Maybe it will just take a while for the events to sink in. It might even take years for you to identify with the suffering of the girl you just affected. 

I did and said some pretty awful things when I was younger, but it was not until later that I realized how inappropriate it was. It's funny because you mention sounding like a twelve year old. Maybe you are like a fifteen year old trapped in a 25 year old's body. Kind of selfish and immature. You don't sound like you mean to act like this, but maybe some responsibility would change your perspective a little in the future. 

Dunno, I'm just kind of making this up as I go. 
Best intentions.


----------



## Peanut (May 1, 2006)

> 1) What the hell should I do now? I was thinking of writing her an apology and then afterward sending him a copy of the apology I wrote and and apologizing to him.



I think that writing her an apology would be a nice thing to do. I do not think that you should send that guy a copy though. The letter should be for the purpose of apologizing for saying these hurtful things to her, not another play for the guy. If you wanted maybe you could write him a separate letter apologizing for betraying his confidence or whatever it is that you are sorry for. 



> 2) I am like so freaked out over myself because does this make me the Queen of pond scum that I would do this? You wanna know the scary thing is I don't even really care that much-am I a psychopath? I mean I am not really hurting that she might be hurting, wow, am I a total whacko?



I don't think this makes you pond scum or a psychopath. We all act like pond scum once in a while and do things that we're not proud of. I think the important thing here is to own your mistake, try to make amends and learn from this experience. 

Good luck


----------



## ThatLady (May 1, 2006)

I don't know about writing her a letter of apology; particularly, since you've said here that you don't feel particularly bad about what you did, nor do you worry about what the things you said might have made this girl feel. If that is, indeed, the case...well, any letter of apology would be hypocritical, at best.
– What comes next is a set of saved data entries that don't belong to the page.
-- ===== src/Broker/Offer.antt =====
-- The published catalog and the plans that the handlers look up.
use osb_opengauss_go.Prelude.{
  ◌≡◌, refl, sym, ap, subst, ◌∙◌, inl, inr, Bool-cases, List, [], ◌∷◌, map, In, Text, text_eq,
  text_eq_iff, text_eq_refl,
}
use osb_opengauss_go.Result.{ok, ok-injective}
use osb_opengauss_go.Params.{Plan}
use osb_opengauss_go.Params.Schemas.{instance_schema, updatable_schema, binding_schema}
use osb_opengauss_go.Plans.{ServicePlan, Service, catalog_plan, catalog}
use osb_opengauss_go.Plans.Checked.{IsDistinct}
use osb_opengauss_go.Broker.{Broker, find_plan, services}
use osb_opengauss_go.Broker.Handlers.{plan}

-- the plan with an id, and what is published of it
abbrev pub Offers : {F : Type 0} → List Plan → ServicePlan F → Type 0
Offers plans s = (p : Plan) × (find_plan plans s.id ≡ ok p) × (s ≡ catalog_plan p)

In-map : {A C : Type 0} (f : A → C) (xs : List A) (x : A) → In x xs → In (f x) (map f xs)
In-map f [] x h = h
In-map f (y ∷ ys) x (inl e) = inl (ap f e)
In-map f (y ∷ ys) x (inr m) = inr (In-map f ys x m)

found-In :
    (plans : List Plan) (id : Text) (p : Plan)
    → find_plan plans id ≡ ok p
    → In p plans × (p.id ≡ id)
unfolding find_plan
found-In [] id p h = absurd cc
found-In (x ∷ xs) id p h = elim (Bool-cases (text_eq x.id id)) [
  | inl same ↦
      let here = ok-injective (rw same at h) in
      (inl (sym here), ap (λ (q : Plan). q.id) (sym here) ∙ (text_eq_iff x.id id).0 same)
  | inr other ↦ let (there, e) = found-In xs id p (rw other at h) in (inr there, e)
]

module _ {F : Type 0} where
  published-id :
      (plans : List Plan) (s : ServicePlan F)
      → In s (map catalog_plan plans)
      → In s.id (map (λ p. p.id) plans)
  unfolding catalog_plan
  published-id [] s h = h
  published-id (p ∷ ps) s (inl e) = inl (ap (λ (q : ServicePlan F). q.id) e)
  published-id (p ∷ ps) s (inr m) = inr (published-id ps s m)

  published-Offers :
      (plans : List Plan) (s : ServicePlan F)
      → IsDistinct (map (λ p. p.id) plans)
      → In s (map catalog_plan plans)
      → Offers plans s
  unfolding find_plan catalog_plan
  published-Offers [] s distinct h = absurd h
  published-Offers (p ∷ ps) s (alone, distinct) (inl e) = (
    p,
    subst (λ (q : ServicePlan F). find_plan (p ∷ ps) q.id ≡ ok p) (sym e) (rw text_eq_refl),
    e,
  )
  published-Offers (p ∷ ps) s (alone, distinct) (inr m) =
      let (q, found, same) = published-Offers ps s distinct m in
      elim (Bool-cases (text_eq p.id s.id)) [
        | inl clash ↦ absurd (
            alone (
              subst (λ t. In t (map (λ x. x.id) ps)) (sym ((text_eq_iff p.id s.id).0 clash))
                (published-id ps s m)))
        | inr other ↦ (q, rw (other, found), same)
      ]

-- what is published of a plan: its own id and texts, and the schemas of the requests for it
pub record IsPublished {F : Type 0} (p : Plan) (s : ServicePlan F) : Type 0 where
  pub id : s.id ≡ p.id
  pub name : s.name ≡ p.name
  pub description : s.description ≡ p.description
  pub to_create : s.instance_create ≡ instance_schema p
  pub to_update : s.instance_update ≡ updatable_schema p
  pub to_bind : s.binding_create ≡ binding_schema

catalog_plan-IsPublished : {F : Type 0} (p : Plan) → IsPublished {F = F} p (catalog_plan p)
unfolding catalog_plan
catalog_plan-IsPublished p = record {
  id = refl;
  name = refl;
  description = refl;
  to_create = refl;
  to_update = refl;
  to_bind = refl;
}

module _ {F I B S R : Type 0} (b : Broker F I B S R) where
  -- Where no two plans of the catalog share an id: a service that Services publishes has the id that
  -- the handlers ask for, and a plan that it offers is one that a request can name. The plan that
  -- its id finds is the one that is published, with its name and description, the schema by which
  -- Provision reads parameters for creating an instance, the schema by which Update reads them for
  -- updating one, and Bind's for a binding.
  pub services-Offers :
      (service : Service F) (s : ServicePlan F)
      → IsDistinct (map (λ p. p.id) b.catalog.plans)
      → In service (services b)
      → In s service.plans
      → (service.id ≡ b.catalog.service.service_id)
        × (p : Plan) × (plan b s.id ≡ ok p)
        × IsPublished p s
  unfolding services catalog plan
  services-Offers service s distinct (inl e) m =
      let (p, found, same) =
        published-Offers b.catalog.plans s distinct (subst (λ (q : Service F). In s q.plans) e m) in
      (
        ap (λ (q : Service F). q.id) e,
        p,
        found,
        subst (IsPublished p) (sym same) (catalog_plan-IsPublished p),
      )
  services-Offers service s distinct (inr h) m = absurd h

  -- A plan that an id finds is published, under that very id, by a service of Services that has the
  -- id and the name of the catalog's service, with the plan's name, description and schemas.
  pub plan-IsPublished :
      (id : Text) (p : Plan)
      → plan b id ≡ ok p
      → (service : Service F) × (s : ServicePlan F) × In service (services b)
        × In s service.plans
        × (service.id ≡ b.catalog.service.service_id)
        × (service.name ≡ b.catalog.service.name)
        × (s.id ≡ id)
        × IsPublished p s
  unfolding services catalog plan catalog_plan
  plan-IsPublished id p found =
      let (there, e) = found-In b.catalog.plans id p found in
      (
        _,
        catalog_plan p,
        inl refl,
        In-map catalog_plan b.catalog.plans p there,
        refl,
        refl,
        e,
        catalog_plan-IsPublished p,
      )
The only purpose it could serve would be to put you back in the good graces of the boyfriend, which isn't a very high-minded reason for writing a letter of apology, in my opinion.

I don't think you're psychopathic. You may be very self-involved and selfish. I can't know those things, as I don't know you. I only know of this one instance in your life. It might be worthwhile to sit down and indulge in a bit of self-evaluation.


----------



## Diana (May 1, 2006)

Hmmm, I'm not sure. You said that you don't feel so bad, but you do acknowledge that what you did was wrong. I don't think it's fair to say that you are a selfish and immature person. Maybe your actions were inappropriate, but it could be a phase you're going through or the situation just sparked that kind of behaviour in you. I agree with ThatLady that it might be helpful to do some self evaluation. Why did you behave that way? Was it just jealousy, did you feel like this guy hadn't been giving you a lot of attention lately, have you been trying to "get" this guy for a while, was alcohol involved (not that that's an excuse, but it can play a part in that kind of behaviour), was something in your past haunting you, have you been really stressed out lately, etc? G-scared could be right in that it might take some time for what you did to sink in. I think the important thing here is not to dwell on the fact that you did something wrong. I think that could be unproductive. But take this experience as an opportunity to learn something about yourself and why you did this, and then if there's anything you can do to make things better and prevent this kind of behaviour in the future. If you feel the least bit bad, I think a letter of apology would be appropriate. If you still REALLY don't feel bad, then maybe you could write her a letter without even using the exact words "I'm sorry". Maybe state that you know what you did was wrong and that you can relate with how she feels and that - I don't know - you're not going to spread rumours about her and that you wish you could take back what you did. Actually, maybe that's stupid - sorry I'm kind of typing as I'm thinking. 
I think this is more important - before you approach the guy in any way, you need to figure out how you really feel and why you did what you did. If your next actions are just simply to get his affection and approval, then that would be selfish. Usually, when I do something that I'm ashamed of, I try to think about why I acted that way, and if I need to make some changes in my life. I don't fly off the handle for no reason. There's always a deeper reason behind it.


----------



## fancy792 (May 1, 2006)

SadGirl  said:
			
		

> 1) What the hell should I do now? I was thinking of writing her an apology and then afterward sending him a copy of the apology I wrote and and apologizing to him.



Here's what I have to say. No apology is needed to her or him. Your conversation and your insecurities were with him and not her. You can't know what was or wasn't repeated. In regards to how you felt and your thoughts, I would agree with the people on the board. Find out why and what made you feel the way you did. 

I think writing a journal can help you as well as trying to get to the bottom of your emotions.

After all the replies, I hope it helps you and take time to think things over before acting on this.

Take care!


----------